Bitcoin Price Analysis Feb. 23: Bearish Trend Still in Play
For those that have been monitoring bitcoin (BTC) lately, there has been a lot of talk and speculation in the last week or so about whether we’ve finally entered into the ‘bull market’ and whether the trend has reversed.
Have we Exited the Downtrend?
The author of this article is one of those individuals that believe that we have not yet exited the downtrend that BTC was in. Why is that?
As you can see, that green line is the current ‘downtrend’ line for Bitcoin. We came close to breaching that line and thus, breaching the overall trend. However, it appears that Bitcoin was not able to do so on this run-up.
The author tried to warn individuals of the dangers of making a huge investment in a cryptocurrency/stock before it actually breaks trend – a phenomenon known as a “bull trap.”
What is a Bull Trap?
Here’s a visual of what a Bull Trap looks like:
In other words, investors preemptively anticipate that a trend has been broken and they trade accordingly – which leads to serious losses when the trend does not actually break.
So What Now?
If you remember the author’s last article, there was a prediction that was made at the very bottom.
If you’re wondering about the next price movements of BTC, check this out below:
The first horizontal line on this graph represents the $10.3k mark.

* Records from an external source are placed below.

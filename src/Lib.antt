-- ===== src/Lib.antt =====
-- The C part of the kernel under kernel/: memory, pools, locks, 64-bit arithmetic, time, timers,
-- rectangles, windows, sorting, strings, runes and numbers as text. Each module models one or a few
-- source files, one definition for each function or loop, under the name that it has there.
--
-- - Xalloc: kernel/Port/xalloc.c, the allocator of kernel memory that is hardly ever freed. Its state
--   is the chain of free holes, in order, the number of unused slots of the table of 128 holes, and
--   the memory, a function from addresses to words, where the headers of the blocks stand. xallocz,
--   xfree, xhole, xspanalloc and xmerge are modelled; xinit, which reads the memory layout of the
--   machine, is not.
-- - Pool: kernel/Libc/port/pool.c, the pool allocator. Pool has the blocks of a pool as a sequence in
--   the order of their addresses, splitting, merging and freeing; Pool/Tree the search tree of the free
--   blocks by size; Pool/Arena new arenas, their merging and the allocation. What p->alloc gives and
--   whether p->merge joins two arenas are arguments. `none` stands for a panic or a failed assertion.
--   Pool/Compact has the compaction of a pool with p->move. The theorem on poolallocl is for a pool
--   without it, a quantum and a minimal block of at most 4096, a minimal arena of at most 2^31, and a
--   p->merge that joins nothing: a join may enlarge a block in use without counting it in curalloc. Of the
--   contents of the blocks only the words ALIGN_MAGIC, which D2B reads, are modelled. poolreallocl,
--   poolallocalign, poolmsize, the checks and the dumps are not modelled.
-- - Taslock: kernel/Port/taslock.c, spin locks. Taslock has the steps of a processor, one access to the
--   lock each, from the call of lock, canlock or ilock to the end of unlock or iunlock; Taslock/Run any
--   number of processors on one lock, interleaved in any order. Every processor has its own process and
--   state, and calls the function to unlock that belongs to the one it called to lock. The statistics,
--   the debugging of long loops and the call of sched are not modelled.
-- - Layer: kernel/Libmemlayer, windows that overlap. Layer has _memlayerop, which cuts a rectangle of a
--   window into the pieces on the screen and in the save area; Layer/Stack saving, showing and moving
--   windows and _memlsetclear, from lhide.c, ltofront.c, ltorear.c and ldelete.c. A window with those in
--   front of it and behind it is a Stack. Save areas are in the coordinates of the screen, and every
--   window has one. memlorigin, memlalloc, memldelete and the drawing in windows are not modelled.
-- - Qsort: kernel/Libc/port/qsort.c on elements. The loops run on fuel: the scans as many steps as there
--   are elements left, a round and the recursion as many as there are elements, which is enough.
-- - Vlong: kernel/Libc/arm/vlrt.c, 64-bit arithmetic on pairs of 32-bit words, as the compiler calls
--   it. The loop of dodiv that scales the divisor runs at most 64 times and is given 65 rounds.
--   Vlong/Signed has the signed division and the bitwise operations, Vlong/Assign the compound
--   assignment. The floating-point conversions are not modelled.
-- - Tod: kernel/Port/tod.c and kernel/Port/mul64fract.c, the time of day. Its state is the record Tod;
--   what the machine gives, the readings of the fast counter and the slow ticks, is an argument.
-- - Timers: kernel/Port/portclock.c, the queue of timers of a processor and the clock interrupt. It
--   takes `ns2fastticks` once initialized, fastticks_of, from Tod. The queue is in the order of signed
--   numbers, and the interrupt reads the times as unsigned ones. The loop of timerintr runs on fuel, one
--   round more than the sum of how late the timers are: every round takes a timer away or puts it off by a
--   tick at least. The handlers are only recorded, and do not call the timer functions themselves.
-- - Geometry: kernel/Libgeometry/arith.c and kernel/Libgeometry/replclipr_geom.c, points and
--   rectangles with 32-bit coordinates that wrap.
-- - Strings: strchr, strlen, strncmp, strncpy, memccpy, memcmp, toupper and tolower of
--   kernel/Libc/port. Memory is a list of bytes, and what is beyond it is not read.
-- - Rune: kernel/Libc/port/rune.c, UTF-8. The loop of chartorune has the three rounds of the source.
--   Rune/Utf has utflen and utfrune of utflen.c and utfrune.c there, on one round more than there are
--   bytes.
-- - Strtoul: kernel/Libc/port/strtoul.c, the number at the start of a string.
-- - Atol: kernel/Libc/port/atol.c, a signed number in decimal, octal or hexadecimal.
-- - Ifmt: _ifmt of kernel/Libc/fmt/dofmt.c, the text of an integer, up to its call of _fmtcpy. The digits
--   are put in at most 64 rounds, the bits of a number, and zeros in at most 89, the bytes of the buffer.
--   The rest of kernel/Libc/fmt is not modelled.
--
-- Prelude holds what they share: tests on numbers, 32-bit words, lists over the native numbers,
-- integers and bit operations. Machine integers are native numbers with their wrap-around written
-- out. The locks around the operations of the other modules are not modelled: each operation there is
-- one step.
--
-- Not modelled: the drawing of pixels, the hardware of the Raspberry Pi, floating point, the OCaml runtime
-- under kernel/Byterun and the programs of the repository that are written in OCaml.
pub mod Atol
pub mod Geometry
pub mod Ifmt
pub mod Layer
pub mod Pool
pub mod Prelude
pub mod Qsort
pub mod Rune
pub mod Strings
pub mod Strtoul
pub mod Taslock
pub mod Timers
pub mod Tod
pub mod Vlong
pub mod Xalloc
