-- ===== src/Strtoul.antt =====
-- kernel/Libc/port/strtoul.c: the number at the start of a string.
-- A string is the list of its bytes, and the bytes after the list read as the 0 that ends it. A pointer
-- into it is the number of bytes before. `ulong` is a 32-bit number, whose sums and products wrap;
-- the base is a number here, since the source refuses the negative ones with 1 and those above 36.
pub mod Exact
pub mod Tests
use plan9_ocaml.Prelude.{
  [], none, some, zero, suc, ℕ, List, Bool, get_or, leb, drop, ◌==◌, ◌∷◌, if◌then◌else◌, not, sub32,
  ltb, ◌||◌, ◌&&◌, ◌*◌, false, ◌-◌, ◌%◌, ◌+◌, u32_mod, ◌/◌,
}

abbrev pub ulong_max : ℕ
ulong_max = 4_294_967_295

abbrev pub byte : List ℕ → ℕ → ℕ
byte s i = get_or s i 0

-- ' ', '\t', '\n', '\v', '\f' or '\r'.
abbrev pub is_space : ℕ → Bool
is_space c = (c == 32) || (leb 9 c && leb c 13)

-- The number of blanks in front.
unfoldable pub skip_space : List ℕ → ℕ
skip_space [] = 0
skip_space (c ∷ s) = if is_space c then suc (skip_space s) else 0

abbrev pub is_x : ℕ → Bool
is_x c = (c == 120) || (c == 88)

abbrev pub is_hex : ℕ → Bool
is_hex c = (leb 48 c && leb c 57) || (leb 97 c && leb c 102) || (leb 65 c && leb c 70)

-- The base to use, when the digits start at `s`.
unfoldable pub base_of : (base : ℕ) → List ℕ → ℕ
base_of base s =
    if base == 0
    then if not (byte s 0 == 48) then 10 else if is_x (byte s 1) then 16 else 8
    else base

-- The bytes of a "0x" in front of hexadecimal digits.
unfoldable pub prefix : (base : ℕ) → List ℕ → ℕ
prefix base s =
    if (base == 16) && (byte s 0 == 48) && is_x (byte s 1) && is_hex (byte s 2) then 2 else 0

-- The value of a digit, and the base for what is none.
unfoldable pub value_of : (base c : ℕ) → ℕ
value_of base c =
    if leb 48 c && leb c 57
    then c - 48
    else if leb 97 c && leb c 122
    then c - 97 + 10
    else if leb 65 c && leb c 90
    then c - 65 + 10
    else base

pub record Digits : Type 0 where
  pub n : ℕ
  pub ndig : ℕ
  pub ovfl : Bool

-- The loop over the digits.
unfoldable pub digits : (base : ℕ) → List ℕ → Digits → Digits
unfolding value_of
digits base [] d = d
digits base (c ∷ s) d =
    let v = value_of base c in
    let nn = (d.n * base % u32_mod + v) % u32_mod in
    let more = digits base s (record {
      n = nn;
      ndig = d.ndig + 1;
      ovfl = ltb (ulong_max / base) d.n || (d.ovfl || ltb nn d.n);
    }) in
    if leb base v then d else more

-- The number, from the sign and the digits.
unfoldable pub result : (neg : Bool) → Digits → ℕ
result neg d = if d.ovfl then ulong_max else if neg then sub32 0 d.n else d.n

-- From the digits on, with the number of bytes before them.
unfoldable pub read_from : (base at : ℕ) → (neg : Bool) → List ℕ → ℕ × ℕ
unfolding base_of prefix digits result
read_from base at neg s =
    let b = base_of base s in
    if ltb b 2 || ltb 36 b
    then (0, 0)
    else let skip = prefix b s in
      let d = digits b (drop skip s) (record { n = 0; ndig = 0; ovfl = false }) in
      (result neg d, if d.ndig == 0 then 0 else at + skip + d.ndig)

-- The number and where it ends.
unfoldable pub strtoul : List ℕ → (base : ℕ) → ℕ × ℕ
unfolding skip_space read_from
strtoul nptr base =
    let k = skip_space nptr in
    let s = drop k nptr in
    if (byte s 0 == 45) || (byte s 0 == 43)
    then read_from base (k + 1) (byte s 0 == 45) (drop 1 s)
    else read_from base k false s
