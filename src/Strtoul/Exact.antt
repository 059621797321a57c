-- ===== src/Strtoul/Exact.antt =====
-- The loop over the digits tells exactly when the number does not fit.
use native.Mathlib.Nat.{mul-le-mul_right, le_trans, div-lt_iff_lt-mul, div-mul-le_self}
use mathlib.Core.Path.{subst, ap}
use plan9_ocaml.Prelude.{
  [], true, false, ℕ, List, ◌<◌, ◌*◌, ◌∷◌, ◌^◌, ◌%◌, u32_mod, ◌+◌, ◌≡◌, ◌≤◌, ltb, ◌/◌, ◌||◌, arith,
  Bool-cases, inl, inr, Bool, leb, if◌then◌else◌, ◌∙◌, refl, ap, sub32,
}
use plan9_ocaml.Strtoul.{Digits, digits, result, value_of, ulong_max}

-- Every byte is a digit of the base.
unfoldable pub AreDigits : ℕ → List ℕ → Type 0
AreDigits base [] = Unit
AreDigits base (c ∷ s) = (value_of base c < base) × AreDigits base s

-- The value of digits behind those of `n`.
unfoldable pub number : ℕ → ℕ → List ℕ → ℕ
number base n [] = n
number base n (c ∷ s) = number base (n * base + value_of base c) s

pub Keeps : ℕ → Digits → Type 0
Keeps v d = (d.n < 2 ^ 32) × (d.ovfl ≡ false → d.n ≡ v) × (d.ovfl ≡ true → 2 ^ 32 ≤ v)

abbrev next : ℕ → ℕ → Digits → Digits
next base v d = record {
  n = (d.n * base % u32_mod + v) % u32_mod;
  ndig = d.ndig + 1;
  ovfl = ltb (ulong_max / base) d.n || (d.ovfl || ltb ((d.n * base % u32_mod + v) % u32_mod) d.n);
}

-- The two tests of the source, on the product `p`.
fits_or_not :
    (n p v m : ℕ)
    → n < 2 ^ 32
    → v < 36
    → 2 * n ≤ p
    → p ≤ 36 * n
    → (n ≤ m → p ≤ ulong_max)
    → (m < n → ulong_max < p)
    → ((ltb m n || ltb ((p % u32_mod + v) % u32_mod) n) ≡ false
        → (p % u32_mod + v) % u32_mod ≡ p + v)
      × ((ltb m n || ltb ((p % u32_mod + v) % u32_mod) n) ≡ true → 2 ^ 32 ≤ p + v)
fits_or_not n p v m h k a b c d = ground (arith, c, d)

quotient_fits : (n base : ℕ) → 0 < base → n ≤ ulong_max / base → n * base ≤ ulong_max
quotient_fits n base p h = le_trans (mul-le-mul_right base h) (div-mul-le_self ulong_max base)

quotient_over : (n base : ℕ) → 0 < base → ulong_max / base < n → ulong_max < n * base
quotient_over n base p h = (div-lt_iff_lt-mul p).0 h

times_bounds : (n base : ℕ) → 2 ≤ base → base ≤ 36 → (2 * n ≤ n * base) × (n * base ≤ 36 * n)
times_bounds n base h k = (grind arith, grind arith)

or_true : (x y : Bool) → (x || (true || y)) ≡ false → ⊥
or_true x y h = ground arith

Keeps-next :
    (base v w : ℕ) (d : Digits)
    → 2 ≤ base
    → base ≤ 36
    → v < base
    → Keeps w d
    → Keeps (w * base + v) (next base v d)
unfolding Keeps
Keeps-next base v w d b2 b36 hv (small, exact, over) =
    let (lo, hi) = times_bounds d.n base b2 b36 in
    let (lo', hi') = times_bounds w base b2 b36 in
    let f =
      fits_or_not d.n (d.n * base) v (ulong_max / base) small (omega arith) lo hi
        (quotient_fits d.n base (omega arith)) (quotient_over d.n base (omega arith)) in
    let x = ltb (ulong_max / base) d.n in
    let y = ltb ((d.n * base % u32_mod + v) % u32_mod) d.n in
    let short : (d.n * base % u32_mod + v) % u32_mod < 2 ^ 32 = omega arith in
    elim (Bool-cases d.ovfl) [
      | inl e ↦
          let large = over e in
          (
            short,
            λ q. absurd (or_true x y (subst (λ (o : Bool). (x || (o || y)) ≡ false) e q)),
            λ _. omega arith,
          )
      | inr e ↦
          let same = exact e in
          (
            short,
            λ q.
                f.0 (subst (λ (o : Bool). (x || (o || y)) ≡ false) e q)
                ∙ ap (λ (z : ℕ). z * base + v) same,
            λ q.
                subst (λ (z : ℕ). 2 ^ 32 ≤ z * base + v) same
                  (f.1 (subst (λ (o : Bool). (x || (o || y)) ≡ true) e q)),
          )
    ]

digits-Keeps :
    (base w : ℕ) (s : List ℕ) (d : Digits)
    → 2 ≤ base
    → base ≤ 36
    → AreDigits base s
    → Keeps w d
    → Keeps (number base w s) (digits base s d)
unfolding digits number AreDigits
digits-Keeps base w [] d b2 b36 h k = k
digits-Keeps base w (c ∷ s) d b2 b36 (hv, h) k =
    let v = value_of base c in
    let digit : leb base v ≡ false = ground arith in
    rw digit (
      digits-Keeps base (w * base + v) s (next base v d) b2 b36 h
        (Keeps-next base v w d b2 b36 hv k))

abbrev pub no_digits : Digits
no_digits = record { n = 0; ndig = 0; ovfl = false }

capped :
    (d : Digits) (w : ℕ) → Keeps w d → result false d ≡ (if ltb ulong_max w then ulong_max else w)
unfolding Keeps result
capped d w (small, exact, over) = elim (Bool-cases d.ovfl) [
  | inl e ↦ let large = over e in rw e (ground arith)
  | inr e ↦ let same = exact e in rw e (ground arith)
]

-- In a base from 2 to 36, for every sequence of its digits: the loop and the return without a sign
-- give the number that the digits write when it fits 32 bits, and ULONG_MAX when it does not.
pub digits-number :
    (base : ℕ) (s : List ℕ)
    → 2 ≤ base
    → base ≤ 36
    → AreDigits base s
    → result false (digits base s no_digits)
      ≡ (if ltb ulong_max (number base 0 s) then ulong_max else number base 0 s)
unfolding Keeps
digits-number base s b2 b36 h =
    capped (digits base s no_digits) (number base 0 s)
      (digits-Keeps base 0 s no_digits b2 b36 h (omega arith, λ _. refl, λ q. ground arith))

result_small :
    (neg : Bool) (d : Digits) (w : ℕ)
    → w < 2 ^ 32
    → Keeps w d
    → result neg d ≡ (if neg then sub32 0 w else w)
unfolding Keeps result
result_small neg d w h (small, exact, over) = elim (Bool-cases d.ovfl) [
  | inl e ↦ let large = over e in omega arith
  | inr e ↦ let same = exact e in rw (e, same) refl
]

-- A number that fits comes back as it is, or negated after a minus sign.
pub digits-number_small :
    (base : ℕ) (neg : Bool) (s : List ℕ)
    → 2 ≤ base
    → base ≤ 36
    → AreDigits base s
    → number base 0 s < 2 ^ 32
    → result neg (digits base s no_digits)
      ≡ (if neg then sub32 0 (number base 0 s) else number base 0 s)
unfolding Keeps
digits-number_small base neg s b2 b36 h small =
    result_small neg (digits base s no_digits) (number base 0 s) small
      (digits-Keeps base 0 s no_digits b2 b36 h (omega arith, λ _. refl, λ q. ground arith))
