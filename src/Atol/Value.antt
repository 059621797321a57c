-- ===== src/Atol/Value.antt =====
-- What `atol` reads.
use plan9_ocaml.Prelude.{
  [], ℕ, List, true, false, ◌==◌, ◌+◌, ◌*◌, ◌%◌, ◌∷◌, ◌++◌, u32_mod, sub32, ◌≡◌, ◌<◌, ◌≢◌, arith,
  refl, ap, ◌∙◌, ◌^◌,
}
use plan9_ocaml.Strtoul.{byte, is_x, value_of}
use plan9_ocaml.Strtoul.Exact.{AreDigits, number}
use plan9_ocaml.Atol.{is_blank, skip_blanks, is_digit, digit_value, read_digits, read_number, atol}

-- The three notations, their bases, and what stands in front of the digits.
pub data Notation : Type 0 where
  decimal : Notation
  octal : Notation
  hexadecimal : Notation

abbrev pub radix : Notation → ℕ
radix decimal = 10
radix octal = 8
radix hexadecimal = 16

abbrev pub front : Notation → List ℕ
front decimal = []
front octal = 48 ∷ []
front hexadecimal = 48 ∷ 120 ∷ []

-- A decimal number does not start with 0.
unfoldable pub IsPlain : Notation → List ℕ → Type 0
IsPlain decimal s = byte s 0 ≢ 48
IsPlain octal s = Unit
IsPlain hexadecimal s = Unit

-- A digit of `strtoul` is one in the loop for the base, with the same value.
same_digit :
    (t : Notation) (c : ℕ)
    → value_of (radix t) c < radix t
    → (is_digit (radix t) c ≡ true) × (digit_value c ≡ value_of (radix t) c)
unfolding value_of
same_digit decimal c h = ground arith
same_digit octal c h = ground arith
same_digit hexadecimal c h = ground arith

-- The loop stops at `rest`.
unfoldable pub Stops : (base : ℕ) → (rest : List ℕ) → Type 0
Stops base rest = is_digit base (byte rest 0) ≡ false

wrapped :
    (t : Notation) (n v m : ℕ)
    → n ≡ m % 2 ^ 32
    → (n * radix t + v) % 2 ^ 32 ≡ (m * radix t + v) % 2 ^ 32
wrapped decimal n v m e = omega (arith, e)
wrapped octal n v m e = omega (arith, e)
wrapped hexadecimal n v m e = omega (arith, e)

read_digits-number :
    (t : Notation) (n m : ℕ) (s rest : List ℕ)
    → AreDigits (radix t) s
    → Stops (radix t) rest
    → n ≡ m % 2 ^ 32
    → read_digits (radix t) n (s ++ rest) ≡ number (radix t) m s % 2 ^ 32
unfolding read_digits AreDigits number Stops
read_digits-number t n m [] [] h stop e = e
read_digits-number t n m [] (r ∷ rest) h stop e = rw stop e
read_digits-number t n m (c ∷ s) rest (v, h) stop e =
    let (digit, same) = same_digit t c v in
    let w = value_of (radix t) c in
    rw (digit, same)
      (read_digits-number t ((n * radix t + w) % u32_mod) (m * radix t + w) s rest h stop
        (wrapped t n w m e))

zero_digit : (s : List ℕ) → number 8 0 (48 ∷ s) ≡ number 8 0 s
unfolding number value_of
zero_digit s = refl

read_number-front :
    (t : Notation) (c : ℕ) (s rest : List ℕ)
    → AreDigits (radix t) (c ∷ s)
    → Stops (radix t) rest
    → IsPlain t (c ∷ s)
    → read_number (front t ++ c ∷ s ++ rest) ≡ number (radix t) 0 (c ∷ s) % 2 ^ 32
unfolding read_number IsPlain AreDigits value_of
read_number-front decimal c s rest h stop plain =
    let away : (c == 48) ≡ false = ground arith in
    rw away (read_digits-number decimal 0 0 (c ∷ s) rest h stop (omega arith))
read_number-front octal c s rest h stop plain =
    let digit : (c == 0) ≡ false = ground (arith, h.0) in
    let other : is_x c ≡ false = ground (arith, h.0) in
    rw (digit, other)
      (read_digits-number octal 0 0 (48 ∷ c ∷ s) rest (omega arith, h) stop (omega arith)
        ∙ ap (λ (x : ℕ). x % 2 ^ 32) (zero_digit (c ∷ s)))
read_number-front hexadecimal c s rest h stop plain =
    read_digits-number hexadecimal 0 0 (c ∷ s) rest h stop (omega arith)

-- A byte that is neither a blank nor a sign.
front_byte :
    (t : Notation) (c : ℕ) (s rest : List ℕ)
    → AreDigits (radix t) (c ∷ s)
    → let w = front t ++ c ∷ s ++ rest in
      (skip_blanks w ≡ w) × ((byte w 0 == 45) ≡ false) × ((byte w 0 == 43) ≡ false)
unfolding skip_blanks AreDigits value_of
front_byte decimal c s rest (h, g) =
    let digit : is_blank c ≡ false = ground (arith, h) in
    (rw digit refl, ground (arith, h), ground (arith, h))
front_byte octal c s rest h = (refl, refl, refl)
front_byte hexadecimal c s rest h = (refl, refl, refl)

-- For digits, at least one, in decimal and not from 0 on, in octal behind "0" or in hexadecimal behind
-- "0x", with no digit behind them: `atol` returns their number modulo 2 ^ 32, and its negative behind a
-- minus sign.
pub atol-number :
    (t : Notation) (c : ℕ) (s rest : List ℕ)
    → AreDigits (radix t) (c ∷ s)
    → Stops (radix t) rest
    → IsPlain t (c ∷ s)
    → let w = front t ++ c ∷ s ++ rest in
      let n = number (radix t) 0 (c ∷ s) % 2 ^ 32 in
      (atol w ≡ n) × (atol (43 ∷ w) ≡ n) × (atol (45 ∷ w) ≡ sub32 0 n)
unfolding atol skip_blanks
atol-number t c s rest h stop plain =
    let (same, minus, plus) = front_byte t c s rest h in
    let read = read_number-front t c s rest h stop plain in
    (rw (same, minus, plus) read, rw (same, read) refl, rw (same, read) refl)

Based on the fact that the mini-uptrend established that vertical line for bitcoin and 10.3k was a price that bitcoin had bounced off of prior, it could be determined that $10.3k would more than likely represent a firm spot for resistance.
A drop below $10.3k means that $9.7k is the next point of resistance (second line down) and below that, one should anticipate the price making a stop in the low $8k’s.
If it breaks even further below that, then it is more than likely that the price will make one more hefty return to the $6k point to re-test. As we saw before, there is a significant amount of resistance there, and the price of bitcoin only went to that point temporarily before rocketing back up:
As many in the community have noted, a drop down to the $6k range once again (assuming support holds) would actually signify a double bottom. However, this double-bottom pattern would not be confirmed until bitcoin breaks above that $11.7k price that it was previously at. By that point, it more than likely would have already broken the downtrend that is present above it.
Let’s take a look at some technical indicators using the 12-hour time frame:
For those that are bitcoin bulls – this chart is bad news, no other way to put it.
This is the BTC/USD (Coinbase) 12-hour Time Frame that you see above. The burgundy line represents the EMA-200, and the golden line is the EMA-50.
Currently, the price is below both, which is extremely bearish and definitely not a positive sign at all. Also, the death cross (slow moving average>fast moving average) JUST happened. It looked like bitcoin was almost on its way to breaking the trend and rising in price, which would have created a golden cross signal. However, it failed to do so, and if the price continues downward, which we expect to happen at this point, then the divergence between the EMA-50 and EMA-200 will begin to increase again.
The correlation between a ‘death cross’ or a ‘golden cross’ is almost indisputable in market analysis.
To put this in perspective, the last two times that the EMA 200 was GREATER than the EMA 50 (death cross) for bitcoin on the 12-hour chart was in 2015 and 2014.
It happened twice that year. The most recent time, which was August 2015, primarily occurred because of a massive sell-off, that created this astronomical red candle:
BTC-USD: August 2015
In this case, the death cross followed that massive drop in price, so that was more of a ‘false’ death cross if that makes sense.
However, the real one occurred just a year earlier in August of 2014 (same year as the Mt. Gox blow-ups).
BTC-USD: August 2014
At the time of that cross, the price was $584.
What was the low in the months following that period? $181.
That’s a near 70 percent drop.
Are You Spreading FUD?
The most recent death cross that we saw occurred at that $6k low that we outlined earlier. A 70 percent drop from that point would put the price at around approximately $2k.
Are You Really Predicting That We Might Go to $2k?
No…Well, not quite. While it is a distinct possibility, the $6k “bottom” that we experienced recently should serve as a strong benchmark.
Since the price failed to come anywhere close to breaking through that $6k barrier, this should be considered an extremely strong point of resistance for the bitcoin.
It’s also worth noting that the majority of indicators during bitcoin’s run-up were signaling that that it was massively overbought. At one point, momentum indicators were identical to where they were when Bitcoin was hovering around $20,000 in value.
So What Should We Do Now?
For those that don’t have the ability to ‘short’ the market or participate in margin/futures trading, it might not be a bad idea to consider temporarily pulling funds for the time being before incurring any stronger losses.
The volume associated with this recent sell-off is fairly high and appears to be increasing in momentum. It’s very possible that bitcoin breaks through that next resistance line that was plotted in the first graph that you witnessed way up at the top of this article and falls around the lower $8k range.
If you are attempting to trade against the trend, be careful and monitor your trades carefully!
Disclaimer: The author does not currently own any bitcoin. The author also is not a financial advisor, and thus, this article should not be considered financial advice. All content and opinions expressed within are merely opinions. Invest at your own risk.